The problem |
With the material below, print exactly the lines between the line holding "c.action ≡ no_change" and the line holding "b disk).1 ≡ none", inclusive. Add nothing else.

|---|

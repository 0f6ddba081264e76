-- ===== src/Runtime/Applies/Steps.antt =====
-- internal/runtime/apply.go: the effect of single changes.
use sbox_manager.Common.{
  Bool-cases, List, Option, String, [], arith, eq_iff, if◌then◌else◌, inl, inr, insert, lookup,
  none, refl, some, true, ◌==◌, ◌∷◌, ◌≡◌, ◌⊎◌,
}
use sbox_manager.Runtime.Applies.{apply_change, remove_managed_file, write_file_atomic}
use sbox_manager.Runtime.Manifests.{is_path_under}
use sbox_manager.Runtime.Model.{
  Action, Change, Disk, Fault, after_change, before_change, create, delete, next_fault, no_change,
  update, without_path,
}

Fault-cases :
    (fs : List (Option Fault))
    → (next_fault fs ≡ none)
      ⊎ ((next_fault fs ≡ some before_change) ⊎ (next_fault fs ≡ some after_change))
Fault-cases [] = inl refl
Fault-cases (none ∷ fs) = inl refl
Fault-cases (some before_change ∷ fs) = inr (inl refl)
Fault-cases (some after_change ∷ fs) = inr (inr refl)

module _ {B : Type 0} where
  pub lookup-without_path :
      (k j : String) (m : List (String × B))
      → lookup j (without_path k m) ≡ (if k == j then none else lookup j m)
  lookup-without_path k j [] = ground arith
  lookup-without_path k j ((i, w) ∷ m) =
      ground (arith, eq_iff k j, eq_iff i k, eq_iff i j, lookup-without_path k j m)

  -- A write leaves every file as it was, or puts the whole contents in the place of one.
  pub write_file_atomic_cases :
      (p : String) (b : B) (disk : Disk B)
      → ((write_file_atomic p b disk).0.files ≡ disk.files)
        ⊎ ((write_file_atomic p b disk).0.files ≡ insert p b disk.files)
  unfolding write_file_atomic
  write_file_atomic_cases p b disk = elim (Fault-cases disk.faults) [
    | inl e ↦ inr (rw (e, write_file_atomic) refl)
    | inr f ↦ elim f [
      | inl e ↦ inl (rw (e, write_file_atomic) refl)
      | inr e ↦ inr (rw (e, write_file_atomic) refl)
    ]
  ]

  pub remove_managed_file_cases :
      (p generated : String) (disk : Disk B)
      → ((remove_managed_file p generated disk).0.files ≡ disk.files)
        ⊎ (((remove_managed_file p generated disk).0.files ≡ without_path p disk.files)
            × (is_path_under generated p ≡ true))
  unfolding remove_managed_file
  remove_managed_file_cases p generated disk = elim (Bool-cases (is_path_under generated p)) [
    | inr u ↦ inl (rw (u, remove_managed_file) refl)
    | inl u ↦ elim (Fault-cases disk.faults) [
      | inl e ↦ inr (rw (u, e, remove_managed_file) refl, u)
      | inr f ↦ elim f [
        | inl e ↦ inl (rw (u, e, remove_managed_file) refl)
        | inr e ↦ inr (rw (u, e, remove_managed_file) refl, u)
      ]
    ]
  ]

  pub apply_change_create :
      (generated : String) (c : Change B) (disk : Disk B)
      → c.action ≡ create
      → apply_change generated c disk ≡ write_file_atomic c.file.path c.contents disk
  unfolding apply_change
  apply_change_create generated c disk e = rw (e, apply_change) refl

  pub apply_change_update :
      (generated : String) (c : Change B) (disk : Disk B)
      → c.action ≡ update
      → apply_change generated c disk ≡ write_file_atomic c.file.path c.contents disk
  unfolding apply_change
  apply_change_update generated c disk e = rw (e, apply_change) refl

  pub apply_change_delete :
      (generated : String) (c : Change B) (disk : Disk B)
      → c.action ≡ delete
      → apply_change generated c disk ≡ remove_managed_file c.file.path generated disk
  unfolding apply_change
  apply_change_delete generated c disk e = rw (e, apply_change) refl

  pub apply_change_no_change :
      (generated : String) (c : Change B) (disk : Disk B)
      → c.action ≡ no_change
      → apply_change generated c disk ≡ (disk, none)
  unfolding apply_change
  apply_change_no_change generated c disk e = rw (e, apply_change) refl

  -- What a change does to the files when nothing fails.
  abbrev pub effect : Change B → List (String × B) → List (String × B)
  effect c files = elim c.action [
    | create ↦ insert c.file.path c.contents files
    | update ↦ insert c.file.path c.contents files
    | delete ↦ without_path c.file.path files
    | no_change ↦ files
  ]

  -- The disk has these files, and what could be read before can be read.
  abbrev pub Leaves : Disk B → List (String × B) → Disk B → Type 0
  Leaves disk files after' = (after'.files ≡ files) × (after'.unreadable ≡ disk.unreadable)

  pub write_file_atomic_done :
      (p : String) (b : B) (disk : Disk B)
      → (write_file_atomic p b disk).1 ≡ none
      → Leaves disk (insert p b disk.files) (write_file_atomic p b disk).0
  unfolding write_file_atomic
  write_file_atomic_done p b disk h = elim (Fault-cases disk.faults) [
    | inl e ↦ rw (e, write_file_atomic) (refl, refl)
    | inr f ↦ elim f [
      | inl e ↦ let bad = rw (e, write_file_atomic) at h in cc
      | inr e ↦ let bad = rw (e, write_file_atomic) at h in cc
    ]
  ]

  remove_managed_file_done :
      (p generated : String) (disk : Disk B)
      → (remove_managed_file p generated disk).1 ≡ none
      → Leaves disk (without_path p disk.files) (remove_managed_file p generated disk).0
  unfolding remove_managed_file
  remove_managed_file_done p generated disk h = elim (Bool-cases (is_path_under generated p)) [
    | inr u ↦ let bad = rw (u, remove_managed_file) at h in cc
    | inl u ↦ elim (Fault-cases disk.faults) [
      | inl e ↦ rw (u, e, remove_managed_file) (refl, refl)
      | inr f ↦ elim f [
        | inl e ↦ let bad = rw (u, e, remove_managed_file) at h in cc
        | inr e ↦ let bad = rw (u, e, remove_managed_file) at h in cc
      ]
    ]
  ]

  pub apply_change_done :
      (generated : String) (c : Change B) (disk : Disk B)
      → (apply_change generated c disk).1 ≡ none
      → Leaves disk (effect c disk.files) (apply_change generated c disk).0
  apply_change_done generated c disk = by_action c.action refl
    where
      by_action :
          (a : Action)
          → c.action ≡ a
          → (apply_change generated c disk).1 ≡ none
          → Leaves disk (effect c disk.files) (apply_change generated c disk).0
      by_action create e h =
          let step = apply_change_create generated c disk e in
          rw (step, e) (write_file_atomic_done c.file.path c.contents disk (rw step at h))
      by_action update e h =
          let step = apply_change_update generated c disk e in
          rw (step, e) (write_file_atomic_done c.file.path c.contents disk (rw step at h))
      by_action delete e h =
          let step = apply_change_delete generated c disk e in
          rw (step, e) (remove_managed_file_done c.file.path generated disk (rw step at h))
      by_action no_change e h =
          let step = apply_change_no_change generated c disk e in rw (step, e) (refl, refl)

|---|

Task output |
      → c.action ≡ no_change
      → apply_change generated c disk ≡ (disk, none)
  unfolding apply_change
  apply_change_no_change generated c disk e = rw (e, apply_change) refl

  -- What a change does to the files when nothing fails.
  abbrev pub effect : Change B → List (String × B) → List (String × B)
  effect c files = elim c.action [
    | create ↦ insert c.file.path c.contents files
    | update ↦ insert c.file.path c.contents files
    | delete ↦ without_path c.file.path files
    | no_change ↦ files
  ]

  -- The disk has these files, and what could be read before can be read.
  abbrev pub Leaves : Disk B → List (String × B) → Disk B → Type 0
  Leaves disk files after' = (after'.files ≡ files) × (after'.unreadable ≡ disk.unreadable)

  pub write_file_atomic_done :
      (p : String) (b : B) (disk : Disk B)
      → (write_file_atomic p b disk).1 ≡ none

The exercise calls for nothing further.